Estamos sempre [em Portugal] a ouvir falar em investimentos de milhares de milhões no hidrogénio, mas parece que não saem do papel. Sei que a vossa empresa está já a construir unidades na Alemanha. Porque demora tanto tempo a executar estes projetos? É um problema de preço?
É um mercado novo e há muitas coisas que ainda não estão claras. Não há um mercado para fixar os preços do hidrogénio verde.

A instabilidade das cotações da eletricidade e do gás também não ajuda…
Sim e não. Essa instabilidade agora é muito elevada, muito também por causa das renováveis, mas quando projetamos para o futuro essa instabilidade baixa. Se criarmos um mecanismo, os preços podem ser calculados. O que falta é uma referência de preço para esse mecanismo sobretudo por causa do transporte. O custo de ter hidrogénio depende muito do transporte e quando este não existe…. não há ofertas. É um problema do ovo e da galinha. É certo que posso começar a produzir e transportar, mas não consigo um compromisso de compra por causa do preço. É uma espécie de jogo do espera. Quem vai assumir o risco de fechar um contrato de muitos milhares de milhões de dólares quando os compradores não têm a certeza e os produtores também não e o transporte não está assegurado? Há muitos elementos de risco.

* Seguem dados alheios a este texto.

-- ===== src/Dispatch.antt =====
-- cmd/proxy/outbound.go and inbound.go: what the servers make of the first bytes of a connection.
-- `peeked` is what reader.Peek(5) gives, `sniff` what PeekClientHelloServerName gives, and the
-- session what an interception of the connection meets.
pub mod Prefixes
pub mod Judged
pub mod Examples
use lhotse_agent.Prelude.{
  ℕ, Bool, true, false, not, ◌&&◌, ◌||◌, Option, none, some, if◌then◌else◌, Str, codes, is_empty,
  has_prefix,
}
use lhotse_agent.Net.{Net}
use lhotse_agent.ClientHello.{Sniff}
use lhotse_agent.DomainPolicy.{direction_inbound, direction_outbound}
use lhotse_agent.DomainPolicy.Manager.{Manager}
use lhotse_agent.Enforcement.{Enforced, enforce_domain_policy, no_error, sniffed_domain}
use lhotse_agent.Interception.{
  MitmProtocol, is_http_request_prefix, Session, MitmError, Intercepted, served, unserved,
  mitm_tls_proc,
}
use lhotse_agent.RuntimeConfig
use lhotse_agent.RuntimeConfig.{normalize_host, mitm_enabled_for_host}

-- The condition of the inbound server.
pub inbound_prefix : Str → Bool
inbound_prefix header =
    has_prefix header (codes "GET")
    || has_prefix header (codes "POST")
    || has_prefix header (codes "HEAD")
    || has_prefix header (codes "CONNECT")
    || has_prefix header (codes "OPTIONS")
    || has_prefix header (codes "PUT")
    || has_prefix header (codes "DELETE")

-- The outbound server: whether its configuration turns interception on, whether it has a
-- certificate store, and its two managers.
pub record Server : Type 0 where
  pub net : Net
  pub itoa : ℕ → Str
  pub mitm_enabled : Bool
  pub has_store : Bool
  pub runtime : Option RuntimeConfig.Manager
  pub policy : Option Manager

or_host : Str → Str → Str
or_host host other = if is_empty host then other else host

-- shouldMITM; extractHost is normalizeHost.
pub should_mitm : Server → Str → Str → Bool
unfolding or_host
should_mitm o server_name dst = elim o.runtime [
  | none ↦ false
  | some m ↦
      if not o.mitm_enabled || not o.has_store
      then false
      else mitm_enabled_for_host o.net m
          (or_host (normalize_host o.net server_name) (normalize_host o.net dst))
]

-- What becomes of the connection: its end, a request, the interception of its TLS with the protocol
-- and the server name behind it, the copying of its bytes after an interception that failed, a
-- refusal with what is written, or the copying of its bytes.
pub data Handling : Type 0 where
  ends : Handling
  http_request : (dst : Str) → Handling
  intercepts : (dst server_name : Str) → MitmProtocol → (behind : Str) → Handling
  falls_back : (dst server_name : Str) → MitmError → Handling
  refuses : Option Str → Handling
  passes_through : (dst : Str) → Handling

pub or_else : Str → Str → Str
or_else dst default = if is_empty dst then default else dst

judged : Enforced → Handling → Handling
judged e h = if e.connection_done then refuses e.written else h

-- mitmTLSProc, with the fallback to proxyTLSPassthrough.
intercepted : Str → Str → Intercepted → Handling
intercepted dst server_name (served p behind) = intercepts dst server_name p behind
intercepted dst server_name (unserved e) = falls_back dst server_name e

outbound_raw : {A L : Type 0} → Server → Session A L → Sniff → Str → Handling
unfolding judged should_mitm intercepted
outbound_raw o s sniff dst =
    if (no_error sniff.error && sniff.is_tls) && should_mitm o sniff.server_name dst
    then judged
        (enforce_domain_policy o.itoa o.net o.policy direction_outbound true
          (normalize_host o.net sniff.server_name) dst)
        (intercepted dst sniff.server_name (mitm_tls_proc o.net s sniff.server_name).1)
    else judged
        (enforce_domain_policy o.itoa o.net o.policy direction_outbound true (sniffed_domain sniff)
          dst)
        (passes_through dst)

-- One round of the loop of OutboundServer.proc.
pub outbound_round : {A L : Type 0} → Server → Session A L → Option Str → Sniff → Str → Handling
unfolding outbound_raw or_else
outbound_round o s none sniff dst = ends
outbound_round o s (some header) sniff dst =
    if is_http_request_prefix header
    then http_request (or_else dst (codes "192.168.0.105:28080"))
    else outbound_raw o s sniff (or_else dst (codes "192.168.0.105:28081"))

-- One round of the loop of InProxyServer.proc.
pub inbound_round : Server → Option Str → Sniff → Str → Handling
unfolding inbound_prefix judged or_else
inbound_round o none sniff dst = ends
inbound_round o (some header) sniff dst =
    if inbound_prefix header
    then http_request (or_else dst (codes "192.168.0.105:28080"))
    else (let to = or_else dst (codes "192.168.0.105:28081") in
        judged
          (enforce_domain_policy o.itoa o.net o.policy direction_inbound true (sniffed_domain sniff)
            to)
          (passes_through to))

Como se sai deste ciclo vicioso?
Produção local. Produzir onde está o cliente. É isso que a HH2, a empresa da qual sou acionista, está a fazer na Alemanha.

Por isso vemos muitos projetos de produção associados a indústrias que precisam de descarbonizar a sua produção. Mas há também transportes?
Há o mercado da amónia e do hidrogénio cinzento que já estão preenchidos. Já o hidrogénio verde, a amónia verde o metanol — que não são baratos — é difícil colocá-los no mercado. Mas está a surgir um novo mercado no setor dos transportes. E não temos ainda produção de hidrogénio verde para camiões, mas há procura e está a puxar pelo mercado na Alemanha. Há um projeto europeu de garantir uma rede de abastecimento de hidrogénio verde para esta frota, mas a maior parte da procura está na Alemanha.

"O custo de ter hidrogénio depende muito do transporte e quando este não existe... não há ofertas. É um problema do ovo e da galinha. É certo que posso começar a produzir e transportar, mas não consigo um compromisso de compra por causa do preço. É uma espécie de jogo do espera". A solução é a "produção local" (produzir onde está o cliente). 
Andreas Schierenbeck, co-fundador e administrador da HH2E

A vossa empresa está centrada na Alemanha, mas veio a Portugal (participar na Web Summit). Podem estar interessados em investir em Portugal?
Já existem grandes empresas em Portugal e Espanha — EDP, Iberdrola, Acciona — que estão a investir em energias renováveis. E todas querem ir para o hidrogénio verde. Estamos à procura de parceiros fortes em todo o lado. Algumas destas empresas estão presentes na Alemanha. Nós também trazemos algo para a mesa como a experiência, a tecnologia e projetos que podem ser transferidos para Portugal e Espanha. Mas como uma empresa alemã não iríamos sozinhos para estes países. Podemos entrar como parceiros tecnológicos. Quando entramos num país precisamos de um parceiro local porque a energia é sempre política.

É dos que defendem que esta crise de energia vai atrasar a transição ou acelerar?
Sou sempre um otimista. Quando temos uma situação difícil, temos de tirar o máximo partido quando não podemos mudar as coisas. Acho que a transição para sustentabilidade e para o hidrogénio verde começou há anos. Mas está a acelerar com esta situação que está a revelar os seus trunfos como é o caso de segurança de abastecimento (para produzir hidrogénio verde basta eletricidade renovável barata). Toda a gente sabia que este risco (da Rússia ou de outros fornecedores) existia, mas ninguém estava preocupado. Esta situação mostrou-nos uma fraqueza que temos de ultrapassar e acho que é um empurrão para as renováveis e para nos afastarmos dos combustíveis fósseis. O hidrogénio verde tem outras vantagens como ajudar as redes a lidar com a volatilidade. A produção elétrica renovável, quando é gerada em excesso, pode perder-se, mas podemos absorver o excesso, produzindo hidrogénio verde. Os eletrões não podem ser guardados, mas as moléculas de hidrogénio podem ser guardadas tal como o gás natural.